- _What is required_
All of the records below need to be copied exactly.

- _Available records_
=== Begin Enclosure ===
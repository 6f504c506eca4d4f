-- ===== src/ThreadPool.antt =====
-- Labweek15/threadpools.c: ten workers that take tasks from a ring under a semaphore, while `main`
-- adds a hundred tasks to it.
pub mod State
pub mod Worker
pub mod Adder
pub mod Invariant
pub mod Progress
pub mod Safety
mod Tests
use operating_system_homewor.Prelude.{
  ℕ, ◌+◌, ◌-◌, ◌%◌, ◌≤◌, ◌<◌, ◌≡◌, ◌≢◌, List, [], ◌∷◌, ◌++◌, update,
}

abbrev pub threads_num : ℕ
threads_num = 10

abbrev pub task_queue_max_size : ℕ
task_queue_max_size = 12

abbrev pub task_num : ℕ
task_num = 100

-- The one function that tasks call.
pub data Function : Type 0 where
  task_function : Function

-- The argument is the number that it points to.
pub record Task : Type 0 where
  pub function : Function
  pub arg : ℕ

pub record TaskQueue : Type 0 where
  pub tasks : ℕ → Task
  pub front : ℕ
  pub rear : ℕ

-- `Threadpools`, with the value of its semaphore
pub record Threadpools : Type 0 where
  pub task_queue : TaskQueue
  pub task_sum : ℕ
  pub sem_mutex : ℕ

-- The pool, and the numbers that `taskFunction` has printed.
pub record Shared : Type 0 where
  pub pools : Threadpools
  pub dealt_with : List ℕ

-- The statement of `executeTask` that a worker is about to execute, with its live variables.
pub data Pc : Type 0 where
  w_wait : Pc
  w_while : Pc
  w_sum : Pc
  w_post_last : Pc
  w_exit : Pc
  w_count : Pc
  w_take : Pc
  w_front : (front : ℕ) (task : Task) → Pc
  w_post : (task : Task) → Pc
  w_run : (task : Task) → Pc

-- Where `main` stands: at the test of the loop that adds task `i`, in `addTask`, or in the joins.
pub data Main : Type 0 where
  looping : (i : ℕ) → Main
  adding : (i : ℕ) → Main
  putting : (i : ℕ) → Main
  moving : (i rear : ℕ) → Main
  joining : Main
  finished : Main

abbrev pub numbered : ℕ → Task
numbered n = record { function = task_function; arg = n }

module _ (m : Shared) where
  abbrev pool : Threadpools
  pool = m.pools

  abbrev queue : TaskQueue
  queue = m.pools.task_queue

  abbrev pub with_pools : Threadpools → Shared
  with_pools t = record m { pools = t }

  abbrev pub with_queue : TaskQueue → Shared
  with_queue u = with_pools (record pool { task_queue = u })

  -- `executeTask`, an access to the pool at a time
  pub data Work : Pc → Shared → Pc → Type 0 where
    locks :
        {v : ℕ}
        → pool.sem_mutex ≡ v + 1
        → Work w_wait (with_pools (record pool { sem_mutex = v })) w_while
    finds_none : queue.front ≡ queue.rear → Work w_while m w_sum
    finds_task : queue.front ≢ queue.rear → Work w_while m w_count
    ends : pool.task_sum ≡ 0 → Work w_sum m w_post_last
    sleeps : pool.task_sum ≢ 0 → Work w_sum m w_while
    unlocks_last :
        Work w_post_last (with_pools (record pool { sem_mutex = pool.sem_mutex + 1 })) w_exit
    counts : Work w_count (with_pools (record pool { task_sum = pool.task_sum - 1 })) w_take
    takes : Work w_take m (w_front queue.front (queue.tasks queue.front))
    moves_front :
        {f : ℕ} {t : Task}
        → Work
            (w_front f t)
            (with_queue (record queue { front = (f + 1) % task_queue_max_size }))
            (w_post t)
    unlocks :
        {t : Task}
        → Work (w_post t) (with_pools (record pool { sem_mutex = pool.sem_mutex + 1 })) (w_run t)
    runs : {t : Task} → Work (w_run t) (record m { dealt_with = m.dealt_with ++ t.arg ∷ [] }) w_wait

  -- `addTask` as `main` calls it, an access to the queue at a time
  pub data Add : Main → Shared → Main → Type 0 where
    next : {i : ℕ} → i < task_num → Add (looping i) m (adding i)
    all_added : {i : ℕ} → task_num ≤ i → Add (looping i) m joining
    finds_full :
        {i : ℕ}
        → (queue.rear + task_queue_max_size + 1 - queue.front) % task_queue_max_size ≡ 0
        → Add (adding i) m (adding i)
    finds_room :
        {i : ℕ}
        → (queue.rear + task_queue_max_size + 1 - queue.front) % task_queue_max_size ≢ 0
        → Add (adding i) m (putting i)
    puts :
        {i : ℕ}
        → Add
            (putting i)
            (with_queue (record queue { tasks = update queue.tasks queue.rear (numbered (i + 1)) }))
            (moving i queue.rear)
    moves_rear :
        {i r : ℕ}
        → Add
            (moving i r)
            (with_queue (record queue { rear = (r + 1) % task_queue_max_size }))
            (looping (i + 1))

pub record System : Type 0 where
  pub shared : Shared
  pub pc : ℕ → Pc
  pub main : Main

pub data Step (s : System) : System → Type 0 where
  work :
      {m : Shared} {p : Pc} (i : ℕ)
      → i < threads_num
      → Work s.shared (s.pc i) m p
      → Step s (record s { shared = m; pc = update s.pc i p })
  add :
      {m : Shared} {a : Main} → Add s.shared s.main m a → Step s (record s { shared = m; main = a })
  join :
      s.main ≡ joining
      → ((i : ℕ) → i < threads_num → s.pc i ≡ w_exit)
      → Step s (record s { main = finished })

-- The pool as `initThreadpools` sets it up over memory that holds anything.
abbrev pub init_threadpools : (ℕ → Task) → Threadpools
init_threadpools memory = record {
  task_queue = record { tasks = memory; front = 0; rear = 0 };
  task_sum = task_num;
  sem_mutex = 1;
}

abbrev pub init_system : (ℕ → Task) → System
init_system memory = record {
  shared = record { pools = init_threadpools memory; dealt_with = [] };
  pc = λ _. w_wait;
  main = looping 0;
}

pub data Reach (memory : ℕ → Task) : System → Type 0 where
  starts : Reach memory (init_system memory)
  steps : {s t : System} → Reach memory s → Step s t → Reach memory t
=== End Enclosure ===
- _Solution for this problem_
repository 6f504c506eca4d4f
-- ===== src/ThreadPool.antt =====
-- Labweek15/threadpools.c: ten workers that take tasks from a ring under a semaphore, while `main`
-- adds a hundred tasks to it.
pub mod State
pub mod Worker
pub mod Adder
pub mod Invariant
pub mod Progress
pub mod Safety
mod Tests
use operating_system_homewor.Prelude.{
  ℕ, ◌+◌, ◌-◌, ◌%◌, ◌≤◌, ◌<◌, ◌≡◌, ◌≢◌, List, [], ◌∷◌, ◌++◌, update,
}

abbrev pub threads_num : ℕ
threads_num = 10

abbrev pub task_queue_max_size : ℕ
task_queue_max_size = 12

abbrev pub task_num : ℕ
task_num = 100

-- The one function that tasks call.
pub data Function : Type 0 where
  task_function : Function

-- The argument is the number that it points to.
pub record Task : Type 0 where
  pub function : Function
  pub arg : ℕ

pub record TaskQueue : Type 0 where
  pub tasks : ℕ → Task
  pub front : ℕ
  pub rear : ℕ

-- `Threadpools`, with the value of its semaphore
pub record Threadpools : Type 0 where
  pub task_queue : TaskQueue
  pub task_sum : ℕ
  pub sem_mutex : ℕ

-- The pool, and the numbers that `taskFunction` has printed.
pub record Shared : Type 0 where
  pub pools : Threadpools
  pub dealt_with : List ℕ

-- The statement of `executeTask` that a worker is about to execute, with its live variables.
pub data Pc : Type 0 where
  w_wait : Pc
  w_while : Pc
  w_sum : Pc
  w_post_last : Pc
  w_exit : Pc
  w_count : Pc
  w_take : Pc
  w_front : (front : ℕ) (task : Task) → Pc
  w_post : (task : Task) → Pc
  w_run : (task : Task) → Pc

-- Where `main` stands: at the test of the loop that adds task `i`, in `addTask`, or in the joins.
pub data Main : Type 0 where
  looping : (i : ℕ) → Main
  adding : (i : ℕ) → Main
  putting : (i : ℕ) → Main
  moving : (i rear : ℕ) → Main
  joining : Main
  finished : Main

abbrev pub numbered : ℕ → Task
numbered n = record { function = task_function; arg = n }

module _ (m : Shared) where
  abbrev pool : Threadpools
  pool = m.pools

  abbrev queue : TaskQueue
  queue = m.pools.task_queue

  abbrev pub with_pools : Threadpools → Shared
  with_pools t = record m { pools = t }

  abbrev pub with_queue : TaskQueue → Shared
  with_queue u = with_pools (record pool { task_queue = u })

  -- `executeTask`, an access to the pool at a time
  pub data Work : Pc → Shared → Pc → Type 0 where
    locks :
        {v : ℕ}
        → pool.sem_mutex ≡ v + 1
        → Work w_wait (with_pools (record pool { sem_mutex = v })) w_while
    finds_none : queue.front ≡ queue.rear → Work w_while m w_sum
    finds_task : queue.front ≢ queue.rear → Work w_while m w_count
    ends : pool.task_sum ≡ 0 → Work w_sum m w_post_last
    sleeps : pool.task_sum ≢ 0 → Work w_sum m w_while
    unlocks_last :
        Work w_post_last (with_pools (record pool { sem_mutex = pool.sem_mutex + 1 })) w_exit
    counts : Work w_count (with_pools (record pool { task_sum = pool.task_sum - 1 })) w_take
    takes : Work w_take m (w_front queue.front (queue.tasks queue.front))
    moves_front :
        {f : ℕ} {t : Task}
        → Work
            (w_front f t)
            (with_queue (record queue { front = (f + 1) % task_queue_max_size }))
            (w_post t)
    unlocks :
        {t : Task}
        → Work (w_post t) (with_pools (record pool { sem_mutex = pool.sem_mutex + 1 })) (w_run t)
    runs : {t : Task} → Work (w_run t) (record m { dealt_with = m.dealt_with ++ t.arg ∷ [] }) w_wait

  -- `addTask` as `main` calls it, an access to the queue at a time
  pub data Add : Main → Shared → Main → Type 0 where
    next : {i : ℕ} → i < task_num → Add (looping i) m (adding i)
    all_added : {i : ℕ} → task_num ≤ i → Add (looping i) m joining
    finds_full :
        {i : ℕ}
        → (queue.rear + task_queue_max_size + 1 - queue.front) % task_queue_max_size ≡ 0
        → Add (adding i) m (adding i)
    finds_room :
        {i : ℕ}
        → (queue.rear + task_queue_max_size + 1 - queue.front) % task_queue_max_size ≢ 0
        → Add (adding i) m (putting i)
    puts :
        {i : ℕ}
        → Add
            (putting i)
            (with_queue (record queue { tasks = update queue.tasks queue.rear (numbered (i + 1)) }))
            (moving i queue.rear)
    moves_rear :
        {i r : ℕ}
        → Add
            (moving i r)
            (with_queue (record queue { rear = (r + 1) % task_queue_max_size }))
            (looping (i + 1))

pub record System : Type 0 where
  pub shared : Shared
  pub pc : ℕ → Pc
  pub main : Main

pub data Step (s : System) : System → Type 0 where
  work :
      {m : Shared} {p : Pc} (i : ℕ)
      → i < threads_num
      → Work s.shared (s.pc i) m p
      → Step s (record s { shared = m; pc = update s.pc i p })
  add :
      {m : Shared} {a : Main} → Add s.shared s.main m a → Step s (record s { shared = m; main = a })
  join :
      s.main ≡ joining
      → ((i : ℕ) → i < threads_num → s.pc i ≡ w_exit)
      → Step s (record s { main = finished })

-- The pool as `initThreadpools` sets it up over memory that holds anything.
abbrev pub init_threadpools : (ℕ → Task) → Threadpools
init_threadpools memory = record {
  task_queue = record { tasks = memory; front = 0; rear = 0 };
  task_sum = task_num;
  sem_mutex = 1;
}

abbrev pub init_system : (ℕ → Task) → System
init_system memory = record {
  shared = record { pools = init_threadpools memory; dealt_with = [] };
  pc = λ _. w_wait;
  main = looping 0;
}

pub data Reach (memory : ℕ → Task) : System → Type 0 where
  starts : Reach memory (init_system memory)
  steps : {s t : System} → Reach memory s → Step s t → Reach memory t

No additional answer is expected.